New research from University of Alberta microbiologists has shed new light on how the respiratory syncytial virus (RSV)—one of the most common viral infections—breaks into our cells to cause infection.
In a study published in the journal Nature, associate professor of medical microbiology and immunology David Marchant and an international team of researchers discovered that RSV tricks cells into letting it in by essentially ringing a doorbell that calls its receptor to the virus waiting at the door.
“RSV kills between 150,000 and 200,000 people—mainly children and infants—every year worldwide,” said Marchant, who is also the Canada Research Chair in Viral Pathogenesis and a member of the Li Ka Shing Institute of Virology and Alberta Respiratory Centre.
“This discovery identifies one of the first steps in RSV infection, and the hope is if we can block the interaction of the virus with the receptor, we may be able to stop the infection from happening.”

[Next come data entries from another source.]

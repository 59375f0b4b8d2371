-- ===== src/Storage/Runs.antt =====
-- Two runs of the PromSketch library, which draws random numbers: `mine` and `theirs` are what the
-- library does in the one and in the other. Whatever relation of partitions the library's calls keep
-- (to have been given the same samples is one), storage.go keeps too.
use prom_sketch_distributed.Common.{
  ℕ, String, ◌≡◌, refl, inl, inr, Bool, true, false, List, [], ◌∷◌, ◌==◌, if◌then◌else◌, Bool-cases,
  Option-cases, ℤ,
}
use prom_sketch_distributed.Insert.Router.{Label}
use prom_sketch_distributed.Targets.{SketchTarget, matches}
use prom_sketch_distributed.Storage.{
  Sketches, SketchConfig, sketch_functions, has_sketch_instance, create_sketch_instances,
  create_sketch_instance,
}
use prom_sketch_distributed.Storage.Spec.{Partitions, stored, number, spec_insert, spec_all}

-- What the library keeps of a relation between the partitions of two runs. PrintCoverage goes by the
-- instances, their windows and their latest times, and draws nothing.
pub record Keeps {S T V : Type 0} (R : S → T → Type 0) (mine : Sketches S V) (theirs : Sketches T V)
    : Type 0 where
  pub made : R mine.new_prom_sketches theirs.new_prom_sketches
  pub covered :
      (s : S) (t : T) (lbls : List Label)
      → R s t
      → (mine.print_coverage) s lbls "avg_over_time"
        ≡ (theirs.print_coverage) t lbls "avg_over_time"
  pub created :
      (s : S) (t : T) (lbls : List Label) (func_name : String) (window : ℤ)
      → R s t
      → R
          ((mine.new_sketch_cache_instance) s lbls func_name window).0
          ((theirs.new_sketch_cache_instance) t lbls func_name window).0
  pub inserted :
      (s : S) (t : T) (lbls : List Label) (timestamp : ℤ) (value : V)
      → R s t
      → R
          ((mine.sketch_insert) s lbls timestamp value).0
          ((theirs.sketch_insert) t lbls timestamp value).0

module _ {S T V : Type 0} (R : S → T → Type 0) (mine : Sketches S V) (theirs : Sketches T V)
    (keeps : Keeps R mine theirs) where
  instances-kept :
      (fs : List String) (s : S) (t : T) (lbls : List Label) (window : ℤ)
      → R s t
      → R
          (create_sketch_instances mine fs s lbls window)
          (create_sketch_instances theirs fs t lbls window)
  unfolding create_sketch_instances
  instances-kept [] s t lbls window r = r
  instances-kept (f ∷ fs) s t lbls window r =
      instances-kept fs _ _ lbls window (keeps.created s t lbls f window r)

  either_kept :
      (b c : Bool)
      → b ≡ c
      → (s : S) (t : T) (s' : S) (t' : T) → R s t
      → R s' t'
      → R (if b then s else s') (if c then t else t')
  either_kept b true e s t s' t' r r' = rw e r
  either_kept b false e s t s' t' r r' = rw e r'

  stored-kept :
      (cfg : SketchConfig) (target : SketchTarget) (s : S) (t : T) (lbls : List Label)
      (timestamp : ℤ) (value : V)
      → R s t
      → R
          (stored mine cfg target s lbls timestamp value).0
          (stored theirs cfg target t lbls timestamp value).0
  unfolding stored has_sketch_instance create_sketch_instance
  stored-kept cfg target s t lbls timestamp value r =
      let same : has_sketch_instance mine s lbls ≡ has_sketch_instance theirs t lbls =
        rw (keeps.covered s t lbls r) refl in
      keeps.inserted _ _ lbls timestamp value
        (either_kept _ _ same s t _ _ r (instances-kept sketch_functions s t lbls _ r))

  module _ (xxhash : String → ℕ) (get : List Label → String → String) (cfg : SketchConfig)
      (hashed : ℤ) where
    insert-kept :
        (call : List Label × ℤ × V) (f : Partitions S) (g : Partitions T)
        → ((k : ℕ) → R (f k) (g k))
        → (k : ℕ)
        → R
            (spec_insert xxhash get mine cfg hashed call f k)
            (spec_insert xxhash get theirs cfg hashed call g k)
    unfolding spec_insert
    insert-kept (lbls, timestamp, value) f g r k =
        elim (Option-cases (matches get cfg.targets lbls)) [
          | inl e ↦ rw (e, spec_insert) (r k)
          | inr (target, e) ↦ elim (Bool-cases (k == number xxhash get hashed lbls)) [
            | inl here ↦
                rw (e, spec_insert)
                  (rw here (stored-kept cfg target _ _ lbls timestamp value (r _)))
            | inr other ↦ rw (e, spec_insert) (rw other (r k))
          ]
        ]

    pub all-kept :
        (calls : List (List Label × ℤ × V)) (f : Partitions S) (g : Partitions T)
        → ((k : ℕ) → R (f k) (g k))
        → (k : ℕ)
        → R
            (spec_all xxhash get mine cfg hashed calls f k)
            (spec_all xxhash get theirs cfg hashed calls g k)
    all-kept [] f g r = r
    all-kept (call ∷ calls) f g r = all-kept calls _ _ (insert-kept call f g r)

Currently, there is no vaccine or therapeutics to treat RSV, and nothing on the horizon, Marchant said. RSV most often affects infants and young children, infecting the lungs and airways. In fact, some experts estimate that almost all children have been infected with RSV by the time they reach the age of three. It’s the leading cause of infant hospitalization in the world and the second leading cause of infant mortality next to malaria.
RSV is unique because it lies on top of the surface of a cell for hours before gaining access and infecting it, unlike other viruses such as influenza, which can break into a cell within minutes by fusing with it.
In 2011, Marchant led a team that discovered that a receptor within the cell called nucleolin played a role in facilitating RSV’s entry into the cell—RSV bound itself to the receptor and piggybacked in. However, it was unknown how or why nucleolin “came to the door” in the first place.
In the new study, Marchant’s team found that RSV bound itself to a second receptor, called IGF1R, and a gene protein called PKC-zeta, using both to create a signal, or “doorbell,” to call nucleolin to the surface of the cell, where the virus awaits. Once nucleolin arrives at the surface, RSV binds itself to it to enter and infect the cell, like an imposing and uninvited guest.
“Essentially, RSV has evolved to exploit a normal, healthy function within the cell,” said Marchant. “It raises some interesting questions, like ‘Did the virus evolve to bind to IGF1R first or did it evolve to bind to the nucleolus first?’ I think we’ll be exploring this more over the next few years.”
Marchant said he hopes this discovery can lead to new treatments in the future, though he noted that developing a viable treatment for RSV is still years away.
“We have a number of different therapeutic candidates that we’re working on in the lab to try to help move these forward into the clinic, such as blocking other receptors that are downstream from nucleolin in the process,” he said. “But we don’t yet know if there are side-effects to inhibiting those other signals, so we’ve got to look into that.”